WHAT TO WORK ON:
Go through the listing below and work out how many lines hold "capacity"; reply with the figure alone.

RECORDS SUPPLIED:

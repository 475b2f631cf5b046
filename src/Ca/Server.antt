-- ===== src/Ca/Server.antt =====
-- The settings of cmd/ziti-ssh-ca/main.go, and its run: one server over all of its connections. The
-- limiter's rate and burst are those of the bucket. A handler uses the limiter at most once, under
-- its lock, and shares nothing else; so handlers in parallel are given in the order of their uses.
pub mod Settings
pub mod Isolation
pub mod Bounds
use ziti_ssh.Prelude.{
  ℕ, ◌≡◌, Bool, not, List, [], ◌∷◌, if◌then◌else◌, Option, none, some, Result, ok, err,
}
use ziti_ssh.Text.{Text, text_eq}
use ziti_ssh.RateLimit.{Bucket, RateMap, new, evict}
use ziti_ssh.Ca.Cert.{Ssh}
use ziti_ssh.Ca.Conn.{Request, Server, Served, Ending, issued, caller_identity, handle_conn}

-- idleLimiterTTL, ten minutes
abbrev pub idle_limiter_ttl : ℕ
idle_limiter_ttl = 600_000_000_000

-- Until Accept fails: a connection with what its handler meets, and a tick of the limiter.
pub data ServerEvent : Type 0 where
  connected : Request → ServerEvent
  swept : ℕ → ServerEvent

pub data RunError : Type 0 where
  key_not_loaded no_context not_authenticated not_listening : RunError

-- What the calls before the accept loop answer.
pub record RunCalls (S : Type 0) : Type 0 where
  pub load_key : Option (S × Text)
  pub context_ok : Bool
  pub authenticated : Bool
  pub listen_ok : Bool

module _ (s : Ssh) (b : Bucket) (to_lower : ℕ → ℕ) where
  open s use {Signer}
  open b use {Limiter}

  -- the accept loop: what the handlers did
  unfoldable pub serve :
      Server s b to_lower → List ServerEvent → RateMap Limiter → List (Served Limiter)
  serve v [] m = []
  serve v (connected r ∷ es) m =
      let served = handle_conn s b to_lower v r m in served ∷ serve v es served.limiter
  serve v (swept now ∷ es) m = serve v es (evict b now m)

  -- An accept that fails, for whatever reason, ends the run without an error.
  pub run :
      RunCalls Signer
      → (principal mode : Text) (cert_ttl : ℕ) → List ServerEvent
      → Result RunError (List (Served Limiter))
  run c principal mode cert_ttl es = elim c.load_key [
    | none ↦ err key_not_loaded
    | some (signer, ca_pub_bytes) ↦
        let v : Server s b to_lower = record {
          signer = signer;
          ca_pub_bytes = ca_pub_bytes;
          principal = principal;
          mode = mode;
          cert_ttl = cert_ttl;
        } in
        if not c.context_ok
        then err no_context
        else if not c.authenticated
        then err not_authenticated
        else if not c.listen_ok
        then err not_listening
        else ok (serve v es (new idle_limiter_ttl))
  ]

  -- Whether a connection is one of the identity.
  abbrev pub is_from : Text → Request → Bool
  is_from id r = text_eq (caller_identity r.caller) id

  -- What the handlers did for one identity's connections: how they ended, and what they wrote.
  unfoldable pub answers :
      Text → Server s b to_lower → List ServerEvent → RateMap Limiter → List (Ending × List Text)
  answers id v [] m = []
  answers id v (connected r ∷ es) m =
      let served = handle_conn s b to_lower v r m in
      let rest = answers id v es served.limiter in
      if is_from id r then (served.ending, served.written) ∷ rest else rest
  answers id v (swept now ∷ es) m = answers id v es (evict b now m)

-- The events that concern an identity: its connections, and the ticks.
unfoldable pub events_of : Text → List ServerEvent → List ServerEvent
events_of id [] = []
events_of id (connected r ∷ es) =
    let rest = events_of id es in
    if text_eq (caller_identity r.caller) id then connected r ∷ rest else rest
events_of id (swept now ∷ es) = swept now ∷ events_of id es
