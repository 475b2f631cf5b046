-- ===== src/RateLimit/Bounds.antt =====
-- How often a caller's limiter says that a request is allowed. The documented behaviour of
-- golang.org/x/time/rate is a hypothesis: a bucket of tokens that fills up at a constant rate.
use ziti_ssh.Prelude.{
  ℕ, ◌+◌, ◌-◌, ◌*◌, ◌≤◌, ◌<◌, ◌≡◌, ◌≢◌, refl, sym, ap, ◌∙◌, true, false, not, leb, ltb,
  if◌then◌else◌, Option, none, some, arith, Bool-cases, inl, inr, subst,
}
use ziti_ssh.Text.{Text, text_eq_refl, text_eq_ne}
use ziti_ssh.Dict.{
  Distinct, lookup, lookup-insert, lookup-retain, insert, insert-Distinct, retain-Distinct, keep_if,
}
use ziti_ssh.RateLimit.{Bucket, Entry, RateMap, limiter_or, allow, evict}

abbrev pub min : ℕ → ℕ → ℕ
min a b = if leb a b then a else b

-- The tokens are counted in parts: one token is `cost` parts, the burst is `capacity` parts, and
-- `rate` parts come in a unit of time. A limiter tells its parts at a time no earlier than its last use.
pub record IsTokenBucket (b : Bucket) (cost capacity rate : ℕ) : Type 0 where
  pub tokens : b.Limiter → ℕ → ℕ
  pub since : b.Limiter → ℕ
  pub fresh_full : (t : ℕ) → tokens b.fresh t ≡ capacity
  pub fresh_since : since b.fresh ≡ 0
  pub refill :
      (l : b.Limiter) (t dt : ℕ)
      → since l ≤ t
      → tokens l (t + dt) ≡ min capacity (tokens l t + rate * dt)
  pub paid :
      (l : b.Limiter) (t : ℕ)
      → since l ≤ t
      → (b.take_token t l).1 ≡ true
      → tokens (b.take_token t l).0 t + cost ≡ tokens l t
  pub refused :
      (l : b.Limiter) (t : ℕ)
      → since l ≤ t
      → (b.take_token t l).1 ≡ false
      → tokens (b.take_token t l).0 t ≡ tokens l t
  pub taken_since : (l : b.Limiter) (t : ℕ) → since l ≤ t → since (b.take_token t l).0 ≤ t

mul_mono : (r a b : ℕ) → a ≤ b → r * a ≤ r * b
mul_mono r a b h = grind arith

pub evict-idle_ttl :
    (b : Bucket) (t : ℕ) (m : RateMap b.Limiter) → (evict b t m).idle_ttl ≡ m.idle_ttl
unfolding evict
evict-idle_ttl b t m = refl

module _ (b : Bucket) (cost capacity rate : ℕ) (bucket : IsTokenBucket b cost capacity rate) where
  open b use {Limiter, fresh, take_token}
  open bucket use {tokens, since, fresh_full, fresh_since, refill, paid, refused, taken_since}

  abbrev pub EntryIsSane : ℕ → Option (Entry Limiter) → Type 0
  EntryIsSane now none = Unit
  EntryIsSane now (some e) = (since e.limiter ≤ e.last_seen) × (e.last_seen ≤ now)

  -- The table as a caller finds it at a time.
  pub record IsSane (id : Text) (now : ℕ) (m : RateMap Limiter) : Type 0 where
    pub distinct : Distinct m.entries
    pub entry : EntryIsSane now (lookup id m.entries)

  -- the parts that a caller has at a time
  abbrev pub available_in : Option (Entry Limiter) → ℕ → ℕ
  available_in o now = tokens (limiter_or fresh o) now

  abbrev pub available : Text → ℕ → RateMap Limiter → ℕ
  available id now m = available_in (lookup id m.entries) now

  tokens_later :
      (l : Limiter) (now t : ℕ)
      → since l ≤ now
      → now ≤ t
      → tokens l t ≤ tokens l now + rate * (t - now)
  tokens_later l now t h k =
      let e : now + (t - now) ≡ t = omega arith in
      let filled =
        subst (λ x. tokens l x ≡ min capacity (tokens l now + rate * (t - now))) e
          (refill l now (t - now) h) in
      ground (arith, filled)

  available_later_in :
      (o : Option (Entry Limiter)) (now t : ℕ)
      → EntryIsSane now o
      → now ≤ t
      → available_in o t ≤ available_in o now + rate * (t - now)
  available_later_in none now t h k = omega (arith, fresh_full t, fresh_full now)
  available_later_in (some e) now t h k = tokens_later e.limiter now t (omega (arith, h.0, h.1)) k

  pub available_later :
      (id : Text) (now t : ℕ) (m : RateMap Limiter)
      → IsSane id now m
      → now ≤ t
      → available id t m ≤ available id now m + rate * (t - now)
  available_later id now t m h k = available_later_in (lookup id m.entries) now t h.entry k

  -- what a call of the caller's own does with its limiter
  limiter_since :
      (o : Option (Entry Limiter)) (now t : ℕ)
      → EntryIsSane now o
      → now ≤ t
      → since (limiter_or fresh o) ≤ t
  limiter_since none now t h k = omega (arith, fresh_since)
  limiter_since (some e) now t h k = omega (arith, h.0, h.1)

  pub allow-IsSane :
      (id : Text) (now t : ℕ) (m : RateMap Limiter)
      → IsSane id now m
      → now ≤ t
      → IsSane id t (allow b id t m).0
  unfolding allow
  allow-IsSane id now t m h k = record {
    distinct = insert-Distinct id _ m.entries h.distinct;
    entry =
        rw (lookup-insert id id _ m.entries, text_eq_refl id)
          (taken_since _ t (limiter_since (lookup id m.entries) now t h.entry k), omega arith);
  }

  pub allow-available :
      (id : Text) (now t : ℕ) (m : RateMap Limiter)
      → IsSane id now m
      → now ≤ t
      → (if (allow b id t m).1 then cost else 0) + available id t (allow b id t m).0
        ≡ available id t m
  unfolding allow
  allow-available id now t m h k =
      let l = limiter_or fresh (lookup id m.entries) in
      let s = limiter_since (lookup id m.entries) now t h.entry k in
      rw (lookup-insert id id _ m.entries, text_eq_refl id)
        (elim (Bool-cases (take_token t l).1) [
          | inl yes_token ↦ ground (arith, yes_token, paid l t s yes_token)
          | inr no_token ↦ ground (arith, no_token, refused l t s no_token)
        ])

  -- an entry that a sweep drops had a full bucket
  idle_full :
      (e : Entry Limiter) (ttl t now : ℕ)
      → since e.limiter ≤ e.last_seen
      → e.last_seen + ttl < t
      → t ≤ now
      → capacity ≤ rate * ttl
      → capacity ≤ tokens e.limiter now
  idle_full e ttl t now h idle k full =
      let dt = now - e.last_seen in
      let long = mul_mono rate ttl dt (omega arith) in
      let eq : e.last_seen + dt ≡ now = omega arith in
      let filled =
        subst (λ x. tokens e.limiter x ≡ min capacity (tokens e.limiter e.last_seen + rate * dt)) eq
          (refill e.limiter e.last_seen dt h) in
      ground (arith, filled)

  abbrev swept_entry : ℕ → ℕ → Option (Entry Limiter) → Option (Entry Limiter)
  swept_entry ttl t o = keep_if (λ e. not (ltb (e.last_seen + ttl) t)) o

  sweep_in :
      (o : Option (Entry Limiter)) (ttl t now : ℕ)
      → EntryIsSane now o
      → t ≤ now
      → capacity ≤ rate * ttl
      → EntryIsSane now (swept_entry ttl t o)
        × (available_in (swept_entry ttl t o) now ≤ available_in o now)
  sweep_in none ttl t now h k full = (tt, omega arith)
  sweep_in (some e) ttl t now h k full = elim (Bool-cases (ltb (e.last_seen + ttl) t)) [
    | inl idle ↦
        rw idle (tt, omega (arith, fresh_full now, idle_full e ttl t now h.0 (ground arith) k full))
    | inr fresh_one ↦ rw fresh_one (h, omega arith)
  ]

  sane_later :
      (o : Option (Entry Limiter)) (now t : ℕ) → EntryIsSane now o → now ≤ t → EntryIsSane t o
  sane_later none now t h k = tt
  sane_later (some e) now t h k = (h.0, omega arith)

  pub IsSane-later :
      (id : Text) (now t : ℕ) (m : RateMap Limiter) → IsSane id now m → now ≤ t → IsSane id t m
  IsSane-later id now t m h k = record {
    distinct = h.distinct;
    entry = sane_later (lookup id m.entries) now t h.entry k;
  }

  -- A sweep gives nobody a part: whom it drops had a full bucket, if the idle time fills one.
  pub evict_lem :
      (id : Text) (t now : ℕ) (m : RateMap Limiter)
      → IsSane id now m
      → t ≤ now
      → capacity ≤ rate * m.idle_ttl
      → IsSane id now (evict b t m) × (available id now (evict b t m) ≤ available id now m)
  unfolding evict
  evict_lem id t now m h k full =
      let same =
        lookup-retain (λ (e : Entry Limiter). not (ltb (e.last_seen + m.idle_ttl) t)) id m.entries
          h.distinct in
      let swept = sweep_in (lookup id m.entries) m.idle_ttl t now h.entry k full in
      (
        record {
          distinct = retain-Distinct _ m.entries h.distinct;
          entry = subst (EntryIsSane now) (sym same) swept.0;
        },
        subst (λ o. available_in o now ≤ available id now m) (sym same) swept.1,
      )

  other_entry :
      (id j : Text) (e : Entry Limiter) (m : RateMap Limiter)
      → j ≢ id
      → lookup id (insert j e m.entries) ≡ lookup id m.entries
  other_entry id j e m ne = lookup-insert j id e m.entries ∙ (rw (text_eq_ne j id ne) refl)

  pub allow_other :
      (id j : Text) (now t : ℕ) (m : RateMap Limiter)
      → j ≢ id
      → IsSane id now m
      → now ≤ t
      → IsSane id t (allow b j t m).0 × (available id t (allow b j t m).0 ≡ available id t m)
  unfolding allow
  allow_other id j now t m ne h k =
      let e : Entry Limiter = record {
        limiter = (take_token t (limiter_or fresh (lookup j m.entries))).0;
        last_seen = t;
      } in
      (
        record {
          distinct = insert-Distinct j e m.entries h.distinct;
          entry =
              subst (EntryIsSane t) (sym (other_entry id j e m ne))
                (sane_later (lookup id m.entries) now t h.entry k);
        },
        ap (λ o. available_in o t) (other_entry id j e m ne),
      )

SOLUTION FOR THIS PROBLEM:
11